## [Task statement]
Lines that include the word "cases" should be copied from the listing that follows.

*** Block opens ***

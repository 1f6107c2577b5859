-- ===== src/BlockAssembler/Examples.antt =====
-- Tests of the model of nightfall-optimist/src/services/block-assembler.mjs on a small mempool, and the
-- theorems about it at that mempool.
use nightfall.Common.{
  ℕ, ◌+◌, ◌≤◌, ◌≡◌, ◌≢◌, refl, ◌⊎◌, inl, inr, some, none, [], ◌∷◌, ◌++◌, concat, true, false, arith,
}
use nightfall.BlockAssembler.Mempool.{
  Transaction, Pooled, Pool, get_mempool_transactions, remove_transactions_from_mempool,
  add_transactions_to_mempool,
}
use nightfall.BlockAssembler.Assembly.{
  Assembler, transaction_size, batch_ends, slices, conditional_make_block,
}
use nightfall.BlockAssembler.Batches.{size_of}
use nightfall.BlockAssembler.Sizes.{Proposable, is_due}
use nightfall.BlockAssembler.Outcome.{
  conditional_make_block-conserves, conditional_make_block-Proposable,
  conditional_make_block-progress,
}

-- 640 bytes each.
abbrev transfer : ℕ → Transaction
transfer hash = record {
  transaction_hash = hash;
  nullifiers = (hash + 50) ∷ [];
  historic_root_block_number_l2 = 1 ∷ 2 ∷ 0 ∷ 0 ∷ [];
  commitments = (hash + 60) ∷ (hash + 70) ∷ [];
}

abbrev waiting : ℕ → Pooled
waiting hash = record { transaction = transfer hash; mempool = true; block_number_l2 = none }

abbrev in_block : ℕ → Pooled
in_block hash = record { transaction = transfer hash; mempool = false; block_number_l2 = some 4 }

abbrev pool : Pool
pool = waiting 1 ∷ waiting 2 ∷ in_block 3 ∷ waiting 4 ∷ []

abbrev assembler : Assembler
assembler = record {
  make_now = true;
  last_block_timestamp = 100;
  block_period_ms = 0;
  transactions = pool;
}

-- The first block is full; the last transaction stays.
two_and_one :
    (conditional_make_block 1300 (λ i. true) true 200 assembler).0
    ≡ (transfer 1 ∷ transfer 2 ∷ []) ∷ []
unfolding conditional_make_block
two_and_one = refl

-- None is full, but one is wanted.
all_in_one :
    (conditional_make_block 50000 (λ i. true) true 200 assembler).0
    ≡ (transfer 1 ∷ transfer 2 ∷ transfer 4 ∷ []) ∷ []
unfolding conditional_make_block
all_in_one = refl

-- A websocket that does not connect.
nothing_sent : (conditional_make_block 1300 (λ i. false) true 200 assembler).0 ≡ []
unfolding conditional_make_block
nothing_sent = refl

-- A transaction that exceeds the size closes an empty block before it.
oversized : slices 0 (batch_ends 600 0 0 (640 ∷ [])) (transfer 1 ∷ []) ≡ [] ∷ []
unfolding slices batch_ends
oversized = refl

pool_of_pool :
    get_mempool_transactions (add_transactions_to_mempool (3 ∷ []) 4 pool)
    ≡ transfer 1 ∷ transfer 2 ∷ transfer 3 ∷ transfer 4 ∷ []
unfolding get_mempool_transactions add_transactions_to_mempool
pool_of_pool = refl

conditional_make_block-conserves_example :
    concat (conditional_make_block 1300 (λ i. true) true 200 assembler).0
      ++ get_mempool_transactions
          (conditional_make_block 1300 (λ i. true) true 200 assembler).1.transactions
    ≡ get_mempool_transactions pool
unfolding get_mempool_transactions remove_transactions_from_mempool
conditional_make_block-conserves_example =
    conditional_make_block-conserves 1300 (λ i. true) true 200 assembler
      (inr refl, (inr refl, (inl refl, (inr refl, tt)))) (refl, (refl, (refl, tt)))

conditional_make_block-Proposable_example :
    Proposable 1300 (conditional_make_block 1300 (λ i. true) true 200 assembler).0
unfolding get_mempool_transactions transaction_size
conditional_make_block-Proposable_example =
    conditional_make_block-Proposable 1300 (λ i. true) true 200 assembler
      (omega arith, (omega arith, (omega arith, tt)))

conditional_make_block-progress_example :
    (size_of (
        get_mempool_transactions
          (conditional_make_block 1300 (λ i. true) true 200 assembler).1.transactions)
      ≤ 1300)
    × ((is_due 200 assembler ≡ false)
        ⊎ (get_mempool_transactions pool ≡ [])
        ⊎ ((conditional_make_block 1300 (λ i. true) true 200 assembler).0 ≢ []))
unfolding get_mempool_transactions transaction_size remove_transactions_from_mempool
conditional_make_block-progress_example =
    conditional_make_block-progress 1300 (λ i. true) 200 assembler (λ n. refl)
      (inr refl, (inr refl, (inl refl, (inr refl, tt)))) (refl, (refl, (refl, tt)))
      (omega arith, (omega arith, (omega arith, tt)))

*** Block closes ***
*** Block opens ***

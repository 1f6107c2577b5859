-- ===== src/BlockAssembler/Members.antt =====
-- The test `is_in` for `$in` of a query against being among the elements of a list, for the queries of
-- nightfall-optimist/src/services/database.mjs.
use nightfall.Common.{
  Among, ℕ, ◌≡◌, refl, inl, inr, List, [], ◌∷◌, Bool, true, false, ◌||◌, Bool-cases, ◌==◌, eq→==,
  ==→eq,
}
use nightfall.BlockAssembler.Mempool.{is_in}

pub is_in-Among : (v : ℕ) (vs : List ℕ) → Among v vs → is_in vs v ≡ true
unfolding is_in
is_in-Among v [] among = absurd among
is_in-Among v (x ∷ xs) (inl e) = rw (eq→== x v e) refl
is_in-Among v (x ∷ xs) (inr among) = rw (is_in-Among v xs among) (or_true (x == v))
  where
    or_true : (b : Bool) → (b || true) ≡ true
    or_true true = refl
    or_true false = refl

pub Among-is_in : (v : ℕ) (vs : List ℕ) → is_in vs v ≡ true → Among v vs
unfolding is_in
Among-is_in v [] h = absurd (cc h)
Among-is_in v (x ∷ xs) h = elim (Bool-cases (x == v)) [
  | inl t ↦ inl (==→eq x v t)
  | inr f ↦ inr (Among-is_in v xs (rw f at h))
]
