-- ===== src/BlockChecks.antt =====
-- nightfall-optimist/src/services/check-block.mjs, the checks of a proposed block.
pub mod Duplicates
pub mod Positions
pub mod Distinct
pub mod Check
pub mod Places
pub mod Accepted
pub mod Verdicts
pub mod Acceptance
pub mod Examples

*** Block closes ***

## [Exercise solution]
  Among, ℕ, ◌≡◌, refl, inl, inr, List, [], ◌∷◌, Bool, true, false, ◌||◌, Bool-cases, ◌==◌, eq→==,
Among-is_in v (x ∷ xs) h = elim (Bool-cases (x == v)) [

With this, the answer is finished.